# Must Rehome - URGENT! (You'll love this one - a must read)



## Samajade (Nov 8, 2010)

No, I didn't post in the wrong section. I found this on Craig's List and thought it was great. Everyone involved in rescue should appreciate this one. Goes like this:

MUST REHOME - URGENT!!!!

Please help! After two long years of being on a waiting list for a dog, we have been notified by breed rescue that, at long last, our number has come up and ... WE ARE HAVING A PUPPY! 

We must get rid of our children IMMEDIATELY because we just know how time consuming our new little puppy is going to be and it just wouldn't be fair to the children. Since our little puppy will be arriving on Monday we MUST place the children up for adoption this weekend! 

They are described as: 

One male -- his name is Tommy, Caucasian (English/Irish mix), light blonde hair, blue eyes. Four years old. Excellent disposition. He doesn't bite. Temperament tested. Does have problems with peeing directly in the toilet. Has had chicken Pox and is current on all shots. Tonsils have already been removed. Tommy eats everything, is very clean, house trained and gets along well with others. Does not run with scissors and with a little training he should be able to read soon. 

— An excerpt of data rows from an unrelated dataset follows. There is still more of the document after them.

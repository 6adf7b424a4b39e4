-- ===== src/Tests/Texts.antt =====
-- Invites and the messages on the wire, at concrete inputs.
use bili_sync_play.Prelude.{[], arith, false, refl, some, true, ◌==◌, ◌∷◌, ◌≡◌}
use bili_sync_play.Prelude.Tests.{text_discrete}
use bili_sync_play.Popup.Invite.{
  Platform, Text, format_invite_draft, matches_room_code, parse_invite_value,
}
use bili_sync_play.Popup.Invite.Laws.{parse_invite_value-format_invite_draft}
use bili_sync_play.Wire.{Json, end, entry, find_field, finite, number, object, text}
use bili_sync_play.Wire.Client.{is_client_message}
use bili_sync_play.Wire.Server.{is_server_message}
use bili_sync_play.Wire.Shapes.Answered.{is_server_message_sound}
use bili_sync_play.Wire.Shapes.{server_message_types, client_message_types, is_of}
use bili_sync_play.Wire.Shapes.Sound.{is_client_message_sound}

-- Only the code unit 32 is a space, and every text is upper case.
abbrev platform : Platform
platform = record { is_space = λ c. c == 32; to_upper_case = λ s. s }

-- "ABC123"
abbrev code : Text
code = 65 ∷ 66 ∷ 67 ∷ 49 ∷ 50 ∷ 51 ∷ []

-- sixteen times "t"
abbrev token : Text
token =
    116 ∷ 116 ∷ 116 ∷ 116 ∷ 116 ∷ 116 ∷ 116 ∷ 116 ∷ 116 ∷ 116 ∷ 116 ∷ 116 ∷ 116 ∷ 116 ∷ 116 ∷ 116
    ∷ []

parse_invite_value-format_invite_draft_example :
    parse_invite_value platform (format_invite_draft (some code) (some token))
    ≡ some (record { room_code = code; join_token = token })
unfolding matches_room_code
parse_invite_value-format_invite_draft_example =
    parse_invite_value-format_invite_draft platform code token (λ c h. ground (arith, h)) refl refl
      (ground arith) (ground arith) refl refl refl

abbrev ping : Json
ping = object (
    entry "type" (text "sync:ping")
      (entry "payload" (object (entry "clientSendTime" (number (finite false 7000)) end)) end))

abbrev pong_message : Json
pong_message = object (
    entry "type" (text "sync:pong") (
      entry "payload"
        (object (
          entry "clientSendTime" (number (finite false 7000)) (
            entry "serverReceiveTime" (number (finite false 8000))
              (entry "serverSendTime" (number (finite false 9000)) end))))
        end))

is_server_message_sound_example : is_of server_message_types (some pong_message) ≡ true
unfolding text_discrete is_server_message find_field
is_server_message_sound_example =
    is_server_message_sound (λ _. false) (λ _. false) (some pong_message) refl

is_client_message_sound_example : is_of client_message_types (some ping) ≡ true
unfolding text_discrete is_client_message find_field
is_client_message_sound_example = is_client_message_sound (λ _. false) (some ping) refl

One female -- her name is Lexie, Caucasian (English/Irish mix), strawberry blonde hair, green eyes quite freckled. Two years old. Can be surly at times. Non-biter, thumb sucker. Has been temperament tested but needs a little attitude adjusting occasionally. She is current on all shots, tonsils out, and is very healthy and can be affectionate. Gets along well with other little girls and little boys but does not like to share her toys and therefore would do best in a one child household. She is a very quick learner and is currently working on her house training. Shouldn't take long at all. 

We really do LOVE our children so much and want to do what's right for them. That is why we contacted a rescue group. But we simply can no longer keep them. Also, we are afraid that they may hurt our new puppy. 

I hope you understand that ours is a UNIQUE situation and we have a real emergency here! They MUST be placed into your rescue by Sunday night at the latest or we will be forced to drop them off at the orphanage or along some dark, country road. Our priority now has to be our new puppy. 

$10 rehoming fee but price is very negotiable. 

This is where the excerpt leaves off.